The New Senate Bill Has The Same Old Medicaid Cuts. That Tells You Something.

Revisions won't spare low-income Americans from serious losses of coverage.

The new Senate bill calls for some dramatic changes to taxes and spending, and to insurance regulations as well.

Here’s what the bill doesn’t change: the massive cuts to Medicaid, the federal-state program for low-income Americans.

And that tells you everything you need to know about Republican priorities.

The Better Care Reconciliation Act still calls for rolling back the Affordable Care Act’s expansion of Medicaid. It would do so by cutting off extra money now available for states that want to expand Medicaid eligibility so that anybody in a household with income below or just above the poverty line would qualify.

Thirty-one states plus the District of Columbia did just that, and it’s the single biggest reason that millions of additional people now have health insurance ― and, as a result, better access to health care and better protection against devastating medical bills. Without the extra federal money, most states are likely to restore their old eligibility guidelines, which would mean millions of people would lose access to coverage.
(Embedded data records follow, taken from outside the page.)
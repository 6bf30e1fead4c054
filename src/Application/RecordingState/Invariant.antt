-- ===== src/Application/RecordingState/Invariant.antt =====
-- kinugasa-core/src/application/recording_state.rs: started and failed recordings and failed uploads,
-- against the settled databases.
use kinugasa_recording.Shared.{
  ◌≡◌, refl, sym, ap, ◌∙◌, Bool, true, false, Option, none, some, find, ok, arith, Option-cases,
  inl, inr, find_holds, >>=-eq-ok, map_err-eq-ok, ok_or, ok_or-eq-ok,
}
use kinugasa_recording.Domain.Values.{TakeId, CameraIdentityId, ErrorReason, Timestamp}
use kinugasa_recording.Domain.Take.{
  FinishedTake, VideoFileState, VideoFile, is_uploading, new_video_file, RecordingCamera,
}
use kinugasa_recording.Mysql.Tables.{VideoFileRow, Db, TakeSnapshot, is_file}
use kinugasa_recording.Mysql.Takes.{get_take_for_update}
use kinugasa_recording.Mysql.Recordings.{
  save_recording_camera, get_video_file_for_update, get_recording_camera_for_update,
  save_video_file,
}
use kinugasa_recording.Application.Errors.{validated, in_repository}
use kinugasa_recording.Application.RecordingState.{
  persist_recording_started, fail_in_state, fail_video_file, fail_recording_row, fail_file_of,
  persist_recording_failure, fail_upload, get_finished_for_update, converge_finished_take,
}
use kinugasa_recording.Application.RecordingState.Settled.{
  row_uploading, IsSettled, snapshot-finished,
}
use kinugasa_recording.Application.RecordingState.Converge.{write_converge-IsSettled, file-any}

-- A settled database stays so when neither takes nor video files change.
pub IsSettled-same :
    (db db' : Db)
    → db'.takes ≡ db.takes
    → db'.video_files ≡ db.video_files
    → IsSettled db
    → IsSettled db'
IsSettled-same db db' same_takes same_files inv j t e = rw same_files (inv j t (rw same_takes at e))

save_recording_camera-IsSettled :
    (recording : RecordingCamera) (db : Db)
    → IsSettled db
    → IsSettled (save_recording_camera recording db)
unfolding save_recording_camera
save_recording_camera-IsSettled recording db inv =
    IsSettled-same db (save_recording_camera recording db) refl refl inv

-- A video file that a locked read returns stands in a row.
pub video-row :
    (id : TakeId) (camera_id : CameraIdentityId) (db : Db) {video : VideoFile}
    → get_video_file_for_update id camera_id db ≡ some video
    → (row : VideoFileRow) × (find (is_file id camera_id) db.video_files ≡ some row)
      × (row.file ≡ video)
      × (video.finished_take_id ≡ id)
      × (video.camera_identity_id ≡ camera_id)
unfolding get_video_file_for_update
video-row id camera_id db {video} h =
    elim (Option-cases (find (is_file id camera_id) db.video_files)) [
      | inl e ↦ cc
      | inr (row, e) ↦
          let held = find_holds (is_file id camera_id) db.video_files row e in
          (row, e, ground arith, ground (arith, held), ground (arith, held))
    ]

-- Writing a new state to an uploading file, with its interval, and converging.
module _ (id : TakeId) (camera_id : CameraIdentityId) (db : Db) (take : FinishedTake)
    (video : VideoFile) (state : VideoFileState) (inv : IsSettled db)
    (taken : get_take_for_update id db ≡ ok (TakeSnapshot.finished take))
    (locked : get_video_file_for_update id camera_id db ≡ some video)
    (up : is_uploading video.state ≡ true) where
  pub resolve-IsSettled :
      (new : VideoFile) {db' : Db}
      → new_video_file video.finished_take_id video.camera_identity_id state video.started_at
          video.finished_at
        ≡ ok new
      → converge_finished_take take (save_video_file new db) ≡ ok db'
      → IsSettled db'
  unfolding new_video_file
  resolve-IsSettled new {db'} built h =
      let (row, found, same, of_this, _) = video-row id camera_id db {video = video} locked in
      write_converge-IsSettled id db take new inv taken (ground (arith, of_this))
        (file-any id camera_id db row_uploading row found (rw same up)) {db' = db'} h

module _ (id : TakeId) (camera_id : CameraIdentityId) (take : FinishedTake) (db : Db)
    (inv : IsSettled db) (taken : get_take_for_update id db ≡ ok (TakeSnapshot.finished take)) where
  fail_in_state-IsSettled :
      (state : VideoFileState) (video : VideoFile) (reason : ErrorReason) (strict : Bool) {db' : Db}
      → get_video_file_for_update id camera_id db ≡ some video
      → video.state ≡ state
      → fail_in_state state video take reason strict db ≡ ok db'
      → IsSettled db'
  unfolding fail_in_state is_uploading
  fail_in_state-IsSettled VideoFileState.uploading video reason strict {db'} locked same h =
      let (new, built, rest) = >>=-eq-ok (validated (new_video_file _ _ _ _ _)) _ h in
      resolve-IsSettled id camera_id db take video (VideoFileState.errored reason) inv taken locked
        (rw same) new {db' = db'} (map_err-eq-ok _ _ built) rest
  fail_in_state-IsSettled (VideoFileState.completed stored) video reason strict {db'} locked same
        h =
      let kept : db' ≡ db = ground arith in rw kept inv
  fail_in_state-IsSettled (VideoFileState.errored current) video reason strict {db'} locked same h =
      let kept : db' ≡ db = ground arith in rw kept inv

  fail_video_file-IsSettled :
      (reason : ErrorReason) (strict : Bool) {db' : Db}
      → fail_video_file take camera_id reason strict db ≡ ok db'
      → IsSettled db'
  unfolding fail_video_file
  fail_video_file-IsSettled reason strict {db'} h =
      let (row, here, phase, same_id, session) = snapshot-finished id db {take = take} taken in
      let (video, got, rest) =
        >>=-eq-ok (ok_or (get_video_file_for_update take.id camera_id db) _) _ h in
      fail_in_state-IsSettled video.state video reason strict {db' = db'}
        (ap (λ k. get_video_file_for_update k camera_id db) (sym same_id) ∙ ok_or-eq-ok _ _ got)
        refl rest

pub get_take-same :
    (id : TakeId) (db db' : Db)
    → db'.takes ≡ db.takes
    → get_take_for_update id db' ≡ get_take_for_update id db
unfolding get_take_for_update
get_take-same id db db' same = rw same

-- Failing a recording's row touches neither takes nor files.
pub fail_recording_row_same :
    (take : TakeSnapshot) (found : Option RecordingCamera) (id : TakeId)
    (camera_id : CameraIdentityId) (reason : ErrorReason) (db : Db) {db' : Db}
    → fail_recording_row take found id camera_id reason db ≡ ok db'
    → (db'.takes ≡ db.takes)
      × (db'.video_files ≡ db.video_files)
      × (db'.finalized_recordings ≡ db.finalized_recordings)
unfolding fail_recording_row save_recording_camera
fail_recording_row_same TakeSnapshot.ongoing none id camera_id reason db h = cc
fail_recording_row_same (TakeSnapshot.finished take) none id camera_id reason db h =
    (ground arith, ground arith, ground arith)
fail_recording_row_same TakeSnapshot.ongoing (some r) id camera_id reason db h =
    (ground arith, ground arith, ground arith)
fail_recording_row_same (TakeSnapshot.finished take) (some r) id camera_id reason db h =
    (ground arith, ground arith, ground arith)

fail_file_of-IsSettled :
    (id : TakeId) (camera_id : CameraIdentityId) (take : TakeSnapshot) (reason : ErrorReason)
    (db : Db) {db' : Db}
    → IsSettled db
    → get_take_for_update id db ≡ ok take
    → fail_file_of take camera_id reason db ≡ ok db'
    → IsSettled db'
unfolding fail_file_of
fail_file_of-IsSettled id camera_id TakeSnapshot.ongoing reason db {db'} inv taken h =
    let kept : db' ≡ db = ground arith in rw kept inv
fail_file_of-IsSettled id camera_id (TakeSnapshot.finished take) reason db {db'} inv taken h =
    fail_video_file-IsSettled id camera_id take db inv taken reason true {db' = db'} h

-- In a database where every take is settled, failing a recording, when it succeeds, leaves every take
-- settled.
pub persist_recording_failure-IsSettled :
    (id : TakeId) (camera_id : CameraIdentityId) (reason : ErrorReason) (db : Db) {db' : Db}
    → IsSettled db
    → persist_recording_failure id camera_id reason db ≡ ok db'
    → IsSettled db'
unfolding persist_recording_failure
persist_recording_failure-IsSettled id camera_id reason db {db'} inv h =
    let (take, got, rest) = >>=-eq-ok (in_repository (get_take_for_update id db)) _ h in
    let (mid, row, last) =
      >>=-eq-ok
        (fail_recording_row take (get_recording_camera_for_update id camera_id db) id camera_id
          reason db)
        _ rest in
    let (takes, files, _) = fail_recording_row_same take _ id camera_id reason db {db' = mid} row in
    fail_file_of-IsSettled id camera_id take reason mid {db' = db'}
      (IsSettled-same db mid takes files inv)
      (get_take-same id db mid takes ∙ map_err-eq-ok _ _ got) last

pub finished-snapshot :
    (id : TakeId) (db : Db) {take : FinishedTake}
    → get_finished_for_update id db ≡ ok take
    → get_take_for_update id db ≡ ok (TakeSnapshot.finished take)
unfolding get_finished_for_update
finished-snapshot id db {take} h =
    let (found, got, only) = >>=-eq-ok (in_repository (get_take_for_update id db)) _ h in
    map_err-eq-ok _ _ got ∙ ground (arith, only)

pub persist_recording_started-IsSettled :
    (id : TakeId) (camera_id : CameraIdentityId) (at : Timestamp) (db : Db) {db' : Db}
    → IsSettled db
    → persist_recording_started id camera_id at db ≡ ok db'
    → IsSettled db'
unfolding persist_recording_started save_recording_camera
persist_recording_started-IsSettled id camera_id at db {db'} inv h =
    IsSettled-same db db' (ground arith) (ground arith) inv

-- In a database where every take is settled, failing an upload, when it succeeds, leaves every take
-- settled.
pub fail_upload-IsSettled :
    (id : TakeId) (camera_id : CameraIdentityId) (reason : ErrorReason) (db : Db) {db' : Db}
    → IsSettled db
    → fail_upload id camera_id reason db ≡ ok db'
    → IsSettled db'
unfolding fail_upload
fail_upload-IsSettled id camera_id reason db {db'} inv h =
    let (take, got, rest) = >>=-eq-ok (get_finished_for_update id db) _ h in
    fail_video_file-IsSettled id camera_id take db inv (finished-snapshot id db {take = take} got)
      reason false {db' = db'} rest
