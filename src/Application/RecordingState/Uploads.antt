-- ===== src/Application/RecordingState/Uploads.antt =====
-- kinugasa-core/src/application/recording_state.rs: staged recordings and results of uploads, against
-- the settled databases.
use kinugasa_recording.Shared.{
  ◌≡◌, ◌∙◌, true, Option, none, some, ◌==◌, any, ok, arith, Bool-cases, inl, inr, any-update-true,
  >>=-eq-ok, map_err-eq-ok, ok_or, ok_or-eq-ok, ensure,
}
use kinugasa_recording.Domain.Values.{TakeId, CameraIdentityId}
use kinugasa_recording.Domain.Take.{
  FinishedTake, VideoFileState, VideoFile, is_uploading, new_video_file,
}
use kinugasa_recording.Domain.Recording.{FinalizedRecording, UploadResult}
use kinugasa_recording.Domain.Intervals.{new_video_file_parts}
use kinugasa_recording.Mysql.Tables.{Db, TakeSnapshot}
use kinugasa_recording.Mysql.Takes.{get_take_for_update}
use kinugasa_recording.Mysql.Recordings.{
  get_video_file_for_update, get_finalized_recording_for_update, insert_finalized_recording,
  save_video_file, write_file,
}
use kinugasa_recording.Application.Errors.{validated}
use kinugasa_recording.Application.RecordingState.{
  get_finished_for_update, stage_row, stage_file, stage_finalized_recording, settle_file, wanted,
  persist_upload_result,
}
use kinugasa_recording.Application.RecordingState.Settled.{row_uploading, files_of, IsSettled}
use kinugasa_recording.Application.RecordingState.Converge.{still, files_of-save, file-any}
use kinugasa_recording.Application.RecordingState.Invariant.{
  IsSettled-same, video-row, resolve-IsSettled, get_take-same, finished-snapshot,
}

pub stage_row_same :
    (found : Option FinalizedRecording) (recording : FinalizedRecording) (db : Db) {db' : Db}
    → stage_row found recording db ≡ ok db'
    → (db'.takes ≡ db.takes) × (db'.video_files ≡ db.video_files)
unfolding stage_row insert_finalized_recording
stage_row_same none recording db h = (ground arith, ground arith)
stage_row_same (some existing) recording db h = (ground arith, ground arith)

-- Rewriting the interval of an uploading file leaves every take settled.
stage_file-IsSettled :
    (id : TakeId) (camera_id : CameraIdentityId) (take : FinishedTake) (video : VideoFile)
    (recording : FinalizedRecording) (db : Db) {db' : Db}
    → IsSettled db
    → get_take_for_update id db ≡ ok (TakeSnapshot.finished take)
    → get_video_file_for_update id camera_id db ≡ some video
    → stage_file video recording db ≡ ok db'
    → IsSettled db'
unfolding stage_file is_uploading
stage_file-IsSettled id camera_id take video recording db {db'} inv taken locked h =
    elim (Bool-cases (is_uploading video.state)) [
      | inr settled ↦ let kept : db' ≡ db = ground (arith, settled) in rw kept inv
      | inl up ↦
          let (row, found, same, of_this, _) = video-row id camera_id db {video = video} locked in
          let (new, built, rest) =
            >>=-eq-ok
              (validated (
                new_video_file video.finished_take_id video.camera_identity_id
                  VideoFileState.uploading recording.started_at recording.finished_at))
              _ (rw up at h) in
          let now_up : any row_uploading (files_of id db) ≡ true =
            file-any id camera_id db row_uploading row found (rw same up) in
          let (parts, _) = new_video_file_parts _ _ _ _ _ {video = new} (map_err-eq-ok _ _ built) in
          let new_up : is_uploading new.state ≡ true = rw parts in
          let stays : any row_uploading (files_of id (save_video_file new db)) ≡ true =
            rw (files_of-save id new db) (
              any-update-true _ (write_file new) row_uploading (files_of id db) (λ x. new_up)
                now_up) in
          let written : db' ≡ save_video_file new db = ground (arith, rest) in
          rw written (still id db take new inv taken (rw parts of_this) now_up stays)
    ]

-- In a database where every take is settled, staging a finalized recording, when it succeeds, leaves
-- every take settled.
pub stage_finalized_recording-IsSettled :
    (recording : FinalizedRecording) (db : Db) {db' : Db}
    → IsSettled db
    → stage_finalized_recording recording db ≡ ok db'
    → IsSettled db'
unfolding stage_finalized_recording
stage_finalized_recording-IsSettled recording db {db'} inv h =
    let (take, got, rest) = >>=-eq-ok (get_finished_for_update recording.take_id db) _ h in
    let (_, _, rest') = >>=-eq-ok (ensure (take.session_id == recording.session_id) _) _ rest in
    let (mid, row, last) = >>=-eq-ok (stage_row _ recording db) _ rest' in
    let (takes, files) = stage_row_same _ recording db {db' = mid} row in
    let (video, locked, final) =
      >>=-eq-ok
        (ok_or (get_video_file_for_update recording.take_id recording.camera_identity_id mid) _) _
        last in
    stage_file-IsSettled recording.take_id recording.camera_identity_id take video recording mid
      {db' = db'} (IsSettled-same db mid takes files inv)
      (get_take-same recording.take_id db mid takes
        ∙ finished-snapshot recording.take_id db {take = take} got)
      (ok_or-eq-ok _ _ locked) final

settle_file-IsSettled :
    (id : TakeId) (camera_id : CameraIdentityId) (take : FinishedTake) (video : VideoFile)
    (state : VideoFileState) (db : Db) {db' : Db}
    → IsSettled db
    → get_take_for_update id db ≡ ok (TakeSnapshot.finished take)
    → get_video_file_for_update id camera_id db ≡ some video
    → settle_file video take state db ≡ ok db'
    → IsSettled db'
unfolding settle_file
settle_file-IsSettled id camera_id take video state db {db'} inv taken locked h =
    elim (Bool-cases (is_uploading video.state)) [
      | inr settled ↦ let kept : db' ≡ db = ground (arith, settled) in rw kept inv
      | inl up ↦
          let (new, built, rest) =
            >>=-eq-ok (validated (new_video_file _ _ _ _ _)) _ (rw up at h) in
          resolve-IsSettled id camera_id db take video state inv taken locked up new {db' = db'}
            (map_err-eq-ok _ _ built) rest
    ]

-- In a database where every take is settled, persisting the result of an upload, when it succeeds,
-- leaves every take settled.
pub persist_upload_result-IsSettled :
    (result : UploadResult) (db : Db) {db' : Db}
    → IsSettled db
    → persist_upload_result result db ≡ ok db'
    → IsSettled db'
unfolding persist_upload_result
persist_upload_result-IsSettled result db {db'} inv h =
    let id : TakeId = result.take_id in
    let camera_id : CameraIdentityId = result.camera_identity_id in
    let (take, got, rest) = >>=-eq-ok (get_finished_for_update id db) _ h in
    let (_, _, rest') = >>=-eq-ok (ensure (take.session_id == result.session_id) _) _ rest in
    let (finalized, _, rest'') =
      >>=-eq-ok (ok_or (get_finalized_recording_for_update id camera_id db) _) _ rest' in
    let (_, _, last) = >>=-eq-ok (ensure (finalized.session_id == result.session_id) _) _ rest'' in
    let (video, locked, final) =
      >>=-eq-ok (ok_or (get_video_file_for_update id camera_id db) _) _ last in
    settle_file-IsSettled id camera_id take video (wanted result.outcome) db {db' = db'} inv
      (finished-snapshot id db {take = take} got) (ok_or-eq-ok _ _ locked) final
And that’s not all the bill would do. The Senate bill calls for changing Medicaid’s basic funding formula, ending the open-ended commitment to pay states whatever it costs to cover everybody who qualifies ― no matter how many people end up enrolling and no matter how expensive their care gets.

Going forward, states would have the option either to accept a lump sum every year, based on a predetermined formula, or to accept a different funding formula that would reimburse states on a fixed rate per person ― again, based on a predetermined formula pegged to the inflation rate, rather than the actual cost of providing Medicaid.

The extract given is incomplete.